> _What to work on_
Below are the records; give again exactly the line with "(shift_or Token.shr_eq Token.shr", the line with "kind = eof;", and each line that lies between them, and nothing besides.

> _Data_

══════════

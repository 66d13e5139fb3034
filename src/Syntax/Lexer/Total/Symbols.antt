-- ===== src/Syntax/Lexer/Total/Symbols.antt =====
-- For the operators of crates/wsharp-syntax/src/lexer.rs.
use wsharp.Prelude.{
  ℕ, ◌≤◌, ◌<◌, ◌≡◌, refl, Bool, true, false, inl, inr, Option, none, some, List, [], ◌∷◌, arith,
  ◌==◌, if◌then◌else◌, Bool-cases,
}
use wsharp.Syntax.Token
use wsharp.Syntax.Token.{TokenKind}
use wsharp.Syntax.Lexer.{either, maybe_eq, by_doubled, shift_or, symbol}
use wsharp.Syntax.Lexer.State.{Lexer, head, is_byte, eat}
use wsharp.Syntax.Lexer.Place.{Fits, Fits-ascii}
use wsharp.Syntax.Lexer.Total.Kinds.{IsPlain}

byte_at : (c : ℕ) (bs : List ℕ) → is_byte c (head bs) ≡ true → (cs : List ℕ) × (bs ≡ c ∷ cs)
byte_at c [] e = absurd (cc)
byte_at c (b ∷ bs) e = (bs, let h : b ≡ c = ground arith in rw h refl)

eat-Fits :
    (src : List ℕ) (c : ℕ) (l : Lexer)
    → c < 0x80
    → Fits src 0 l
    → Fits src 0 (eat c l).1 × (l.pos ≤ (eat c l).1.pos)
unfolding eat
eat-Fits src c l h f = elim (Bool-cases (is_byte c (head l.rest))) [
  | inl hit ↦
      let (cs, e) = byte_at c l.rest hit in rw hit (Fits-ascii src l c cs f e h, omega arith)
  | inr miss ↦ rw miss (f, omega arith)
]

module _ (F : Type 0) (src : List ℕ) where
  -- A kind read between two states.
  abbrev Good : Lexer → TokenKind F × Lexer → Type 0
  Good l (k, m) = Fits src 0 m × (l.pos ≤ m.pos) × IsPlain k

  pub data GoodIf (l : Lexer) : Option (TokenKind F × Lexer) → Type 0 where
    nothing : GoodIf l none
    good : (r : TokenKind F × Lexer) → Good l r → GoodIf l (some r)

  either-Good :
      (l : Lexer) (yes_kind no_kind : TokenKind F) (r : Bool × Lexer)
      → Fits src 0 r.1 × (l.pos ≤ r.1.pos)
      → IsPlain yes_kind
      → IsPlain no_kind
      → Good l (either yes_kind no_kind r)
  either-Good l yes_kind no_kind (true, m) (f, n) p q = (f, n, p)
  either-Good l yes_kind no_kind (false, m) (f, n) p q = (f, n, q)

  eat-Good :
      (c : ℕ) (l : Lexer) (yes_kind no_kind : TokenKind F)
      → Fits src 0 l
      → c < 0x80
      → IsPlain yes_kind
      → IsPlain no_kind
      → Good l (either yes_kind no_kind (eat c l))
  eat-Good c l yes_kind no_kind f h p q =
      either-Good l yes_kind no_kind (eat c l) (eat-Fits src c l h f) p q

  maybe_eq-Good :
      (l : Lexer) (with_eq without : TokenKind F)
      → Fits src 0 l
      → IsPlain with_eq
      → IsPlain without
      → Good l (maybe_eq with_eq without l)
  unfolding maybe_eq
  maybe_eq-Good l with_eq without f p q = eat-Good b'=' l with_eq without f (omega arith) p q

  -- From an earlier state.
  earlier : (l m : Lexer) (r : TokenKind F × Lexer) → l.pos ≤ m.pos → Good m r → Good l r
  earlier l m r h (f, n, p) = (f, omega (arith, h, n), p)

  by_doubled-Good :
      (l : Lexer) (doubled_eq shift or_eq single : TokenKind F) (r : Bool × Lexer)
      → Fits src 0 r.1 × (l.pos ≤ r.1.pos)
      → IsPlain doubled_eq
      → IsPlain shift
      → IsPlain or_eq
      → IsPlain single
      → Good l (by_doubled doubled_eq shift or_eq single r)
  by_doubled-Good l doubled_eq shift or_eq single (true, m) (f, n) p q r s =
      earlier l m _ n (maybe_eq-Good m doubled_eq shift f p q)
  by_doubled-Good l doubled_eq shift or_eq single (false, m) (f, n) p q r s =
      earlier l m _ n (maybe_eq-Good m or_eq single f r s)

  shift_or-Good :
      (c : ℕ) (l : Lexer) (doubled_eq shift or_eq single : TokenKind F)
      → Fits src 0 l
      → c < 0x80
      → IsPlain doubled_eq
      → IsPlain shift
      → IsPlain or_eq
      → IsPlain single
      → Good l (shift_or doubled_eq shift or_eq single c l)
  unfolding shift_or
  shift_or-Good c l doubled_eq shift or_eq single f h p q r s =
      by_doubled-Good l doubled_eq shift or_eq single (eat c l) (eat-Fits src c l h f) p q r s

  same : (l : Lexer) (k : TokenKind F) → Fits src 0 l → IsPlain k → Good l (k, l)
  same l k f p = (f, omega arith, p)

  arm :
      (l : Lexer) (test : Bool) (r : TokenKind F × Lexer) (later : Option (TokenKind F × Lexer))
      → Good l r
      → GoodIf l later
      → GoodIf l (if test then some r else later)
  arm l true r later here rest = good r here
  arm l false r later here rest = rest

  pub symbol-GoodIf : (b : ℕ) (l : Lexer) → Fits src 0 l → GoodIf l (symbol b l)
  unfolding symbol
  symbol-GoodIf b l f =
      arm l (b == b'(') (Token.l_paren, l) _ (same l Token.l_paren f (refl, tt))
        (arm l (b == b')') (Token.r_paren, l) _ (same l Token.r_paren f (refl, tt))
          (arm l (b == b'{') (Token.l_brace, l) _ (same l Token.l_brace f (refl, tt))
            (arm l (b == b'}') (Token.r_brace, l) _ (same l Token.r_brace f (refl, tt))
              (arm l (b == b'[') (Token.l_bracket, l) _ (same l Token.l_bracket f (refl, tt))
                (arm l (b == b']') (Token.r_bracket, l) _ (same l Token.r_bracket f (refl, tt))
                  (arm l (b == b',') (Token.comma, l) _ (same l Token.comma f (refl, tt))
                    (arm l (b == b';') (Token.semi, l) _ (same l Token.semi f (refl, tt))
                      (arm l (b == b':') (Token.colon, l) _ (same l Token.colon f (refl, tt))
                        (arm l (b == b'|') (maybe_eq Token.pipe_eq Token.pipe l) _
                          (maybe_eq-Good l Token.pipe_eq Token.pipe f (refl, tt) (refl, tt))
                          (arm l (b == b'&') (maybe_eq Token.amp_eq Token.amp l) _
                            (maybe_eq-Good l Token.amp_eq Token.amp f (refl, tt) (refl, tt))
                            (arm l (b == b'^') (maybe_eq Token.caret_eq Token.caret l) _
                              (maybe_eq-Good l Token.caret_eq Token.caret f (refl, tt) (refl, tt))
                              (arm l (b == b'~') (Token.tilde, l) _
                                (same l Token.tilde f (refl, tt))
                                (arm l (b == b'?') (Token.question, l) _
                                  (same l Token.question f (refl, tt))
                                  (arm l (b == b'@') (Token.at, l) _ (same l Token.at f (refl, tt))
                                    (arm l (b == b'.')
                                      (either Token.dot_question Token.dot (eat b'?' l)) _
                                      (eat-Good b'?' l Token.dot_question Token.dot f (omega arith)
                                        (refl, tt) (refl, tt))
                                      (arm l (b == b'+') (maybe_eq Token.plus_eq Token.plus l) _
                                        (maybe_eq-Good l Token.plus_eq Token.plus f (refl, tt)
                                          (refl, tt))
                                        (arm l (b == b'-') (maybe_eq Token.minus_eq Token.minus l) _
                                          (maybe_eq-Good l Token.minus_eq Token.minus f (refl, tt)
                                            (refl, tt))
                                          (arm l (b == b'*') (maybe_eq Token.star_eq Token.star l) _
                                            (maybe_eq-Good l Token.star_eq Token.star f (refl, tt)
                                              (refl, tt))
                                            (arm l (b == b'/')
                                              (maybe_eq Token.slash_eq Token.slash l) _
                                              (maybe_eq-Good l Token.slash_eq Token.slash f
                                                (refl, tt) (refl, tt))
                                              (arm l (b == b'%')
                                                (maybe_eq Token.percent_eq Token.percent l) _
                                                (maybe_eq-Good l Token.percent_eq Token.percent f
                                                  (refl, tt) (refl, tt))
                                                (arm l (b == b'=') (maybe_eq Token.eq_eq Token.eq l)
                                                  _
                                                  (maybe_eq-Good l Token.eq_eq Token.eq f (refl, tt)
                                                    (refl, tt))
                                                  (arm l (b == b'!')
                                                    (maybe_eq Token.bang_eq Token.bang l) _
                                                    (maybe_eq-Good l Token.bang_eq Token.bang f
                                                      (refl, tt) (refl, tt))
                                                    (arm l (b == b'<')
                                                      (shift_or Token.shl_eq Token.shl Token.lt_eq
                                                        Token.lt b'<' l)
                                                      _
                                                      (shift_or-Good b'<' l Token.shl_eq Token.shl
                                                        Token.lt_eq Token.lt f (omega arith)
                                                        (refl, tt) (refl, tt) (refl, tt) (refl, tt))
                                                      (arm l (b == b'>')
                                                        (shift_or Token.shr_eq Token.shr Token.gt_eq
                                                          Token.gt b'>' l)
                                                        _
                                                        (shift_or-Good b'>' l Token.shr_eq Token.shr
                                                          Token.gt_eq Token.gt f (omega arith)
                                                          (refl, tt) (refl, tt) (refl, tt)
                                                          (refl, tt))
                                                        (nothing)))))))))))))))))))))))))
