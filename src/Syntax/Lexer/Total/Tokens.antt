-- ===== src/Syntax/Lexer/Total/Tokens.antt =====
-- For `next_token` of crates/wsharp-syntax/src/lexer.rs.
use wsharp.Prelude.{
  ℕ, zero, suc, ◌-◌, ◌^◌, ◌≤◌, ◌<◌, ◌≡◌, ◌⊎◌, refl, inl, inr, Option, none, some, List, [], ◌∷◌,
  arith, ◌==◌, length, take, Bool-cases,
}
use wsharp.Prelude.Run.{Run, ok}
use wsharp.Syntax.Token.{TokenKind, eof, Token, span_new}
use wsharp.Syntax.Lexer.{symbol, symbol_or_skip, next_round, next_loop, next_token}
use wsharp.Syntax.Lexer.State.{
  Lexer, unexpected_character, advance, is_digit, is_word_start, len_utf8,
}
use wsharp.Syntax.Lexer.Place.{Fits, Fits-report, bump_total, slice_total}
use wsharp.Syntax.Lexer.Total.Kinds.{Reads, spanned}
use wsharp.Syntax.Lexer.Total.Trivia.{skip_trivia_total}
use wsharp.Syntax.Lexer.Total.Words.{ident_token_total}
use wsharp.Syntax.Lexer.Total.Strings.{string_total}
use wsharp.Syntax.Lexer.Total.Numbers.{number_total}
use wsharp.Syntax.Lexer.Total.Symbols.{GoodIf, nothing, good, symbol-GoodIf}

module _ (F : Type 0) (parse_f64 : List ℕ → Option F) (float_zero : F) (src : List ℕ)
    (small : length src < 2 ^ 32) where
  -- A token at or after a position, or the end of the source.
  abbrev pub Next : ℕ → Run (Token F × Lexer) → Type 0
  Next from run =
      ((m : Lexer) × (from ≤ m.pos) × Reads src m run)
      ⊎ ((m : Lexer) × (from ≤ m.pos)
          × Fits src 0 m
          × (m.pos ≡ length src)
          × (run ≡ ok (record { kind = eof; span = span_new m.pos m.pos }, m)))

  Next-before : (a b : ℕ) (run : Run (Token F × Lexer)) → a ≤ b → Next b run → Next a run
  Next-before a b run h (inl (m, n, r)) = inl (m, omega (arith, h, n), r)
  Next-before a b run h (inr (m, n, f, e, r)) = inr (m, omega (arith, h, n), f, e, r)

  symbol_or_skip_total :
      (rec : Lexer → Run (Token F × Lexer)) (from l : Lexer) (o : Option (TokenKind F × Lexer))
      → from.pos < l.pos
      → ((m : Lexer) → from.pos < m.pos → Fits src 0 m → Next m.pos (rec m))
      → Fits src 0 from
      → Fits src 0 l
      → GoodIf F src l o
      → Next from.pos (symbol_or_skip parse_f64 float_zero rec from l o)
  symbol_or_skip_total rec from l none h go f g nothing =
      let told =
        Fits-report src 0 from.pos l.pos (unexpected_character (take (l.pos - from.pos) from.rest))
          l small g h (omega (arith, g.size)) in
      rw (slice_total src from l f g)
        (Next-before from.pos l.pos _ (omega (arith, h)) (go _ h told))
  symbol_or_skip_total rec from l (some (k, m)) h go f g (good _ (fm, n, p)) =
      inl (from, omega arith, spanned src from m k _ small refl fm p (omega (arith, h, n)))

  next_round_total :
      (rec : Lexer → Run (Token F × Lexer)) (l : Lexer) (bs : List ℕ)
      → l.rest ≡ bs
      → ((m : Lexer) → l.pos < m.pos → Fits src 0 m → Next m.pos (rec m))
      → Fits src 0 l
      → Next l.pos (next_round parse_f64 float_zero rec l bs)
  next_round_total rec l [] e go f =
      let size = rw e at f.size in inr (l, omega arith, f, omega (arith, size), refl)
  next_round_total rec l (b ∷ bs) e go f = elim (Bool-cases (is_digit b)) [
    | inl digit ↦
        rw digit
          (inl (l, omega arith, number_total F parse_f64 float_zero src small l b bs f e digit))
    | inr not_digit ↦ elim (Bool-cases (b == b'"')) [
      | inl quote ↦
          rw (not_digit, quote) (inl (l, omega arith, string_total src small F l b bs f e quote))
      | inr not_quote ↦ elim (Bool-cases (is_word_start b)) [
        | inl start ↦
            rw (not_digit, not_quote, start)
              (inl (l, omega arith, ident_token_total src small F l b bs f e start))
        | inr other ↦
            let (r, g, n) = bump_total src l b bs f e in
            let m = advance (len_utf8 b) l in
            rw (not_digit, not_quote, other, r)
              (symbol_or_skip_total rec l m (symbol b m) (omega (arith, n)) go f g
                (symbol-GoodIf F src b m g))
      ]
    ]
  ]

  next_loop_total :
      (f : ℕ) (l : Lexer)
      → length l.rest < f
      → Fits src 0 l
      → Next l.pos (next_loop parse_f64 float_zero f l)
  unfolding next_loop
  next_loop_total zero l h fit = absurd (omega arith)
  next_loop_total (suc f) l h fit =
      let (m, r, g, n) = skip_trivia_total src l fit in
      rw r (
        Next-before l.pos m.pos _ n (
          next_round_total (next_loop parse_f64 float_zero f) m m.rest refl
            (λ k before fk. next_loop_total f k (omega (arith, h, n, before, fit.size, fk.size)) fk)
            g))

  pub next_token_total : (l : Lexer) → Fits src 0 l → Next l.pos (next_token parse_f64 float_zero l)
  unfolding next_token
  next_token_total l fit = next_loop_total (suc (length l.rest)) l (omega arith) fit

══════════

> _Response area_
                                                        (shift_or Token.shr_eq Token.shr Token.gt_eq
                                                          Token.gt b'>' l)
                                                        _
                                                        (shift_or-Good b'>' l Token.shr_eq Token.shr
                                                          Token.gt_eq Token.gt f (omega arith)
                                                          (refl, tt) (refl, tt) (refl, tt)
                                                          (refl, tt))
                                                        (nothing)))))))))))))))))))))))))
filename src/Syntax/Lexer/Total/Tokens.antt
-- ===== src/Syntax/Lexer/Total/Tokens.antt =====
-- For `next_token` of crates/wsharp-syntax/src/lexer.rs.
use wsharp.Prelude.{
  ℕ, zero, suc, ◌-◌, ◌^◌, ◌≤◌, ◌<◌, ◌≡◌, ◌⊎◌, refl, inl, inr, Option, none, some, List, [], ◌∷◌,
  arith, ◌==◌, length, take, Bool-cases,
}
use wsharp.Prelude.Run.{Run, ok}
use wsharp.Syntax.Token.{TokenKind, eof, Token, span_new}
use wsharp.Syntax.Lexer.{symbol, symbol_or_skip, next_round, next_loop, next_token}
use wsharp.Syntax.Lexer.State.{
  Lexer, unexpected_character, advance, is_digit, is_word_start, len_utf8,
}
use wsharp.Syntax.Lexer.Place.{Fits, Fits-report, bump_total, slice_total}
use wsharp.Syntax.Lexer.Total.Kinds.{Reads, spanned}
use wsharp.Syntax.Lexer.Total.Trivia.{skip_trivia_total}
use wsharp.Syntax.Lexer.Total.Words.{ident_token_total}
use wsharp.Syntax.Lexer.Total.Strings.{string_total}
use wsharp.Syntax.Lexer.Total.Numbers.{number_total}
use wsharp.Syntax.Lexer.Total.Symbols.{GoodIf, nothing, good, symbol-GoodIf}

module _ (F : Type 0) (parse_f64 : List ℕ → Option F) (float_zero : F) (src : List ℕ)
    (small : length src < 2 ^ 32) where
  -- A token at or after a position, or the end of the source.
  abbrev pub Next : ℕ → Run (Token F × Lexer) → Type 0
  Next from run =
      ((m : Lexer) × (from ≤ m.pos) × Reads src m run)
      ⊎ ((m : Lexer) × (from ≤ m.pos)
          × Fits src 0 m
          × (m.pos ≡ length src)
          × (run ≡ ok (record { kind = eof; span = span_new m.pos m.pos }, m)))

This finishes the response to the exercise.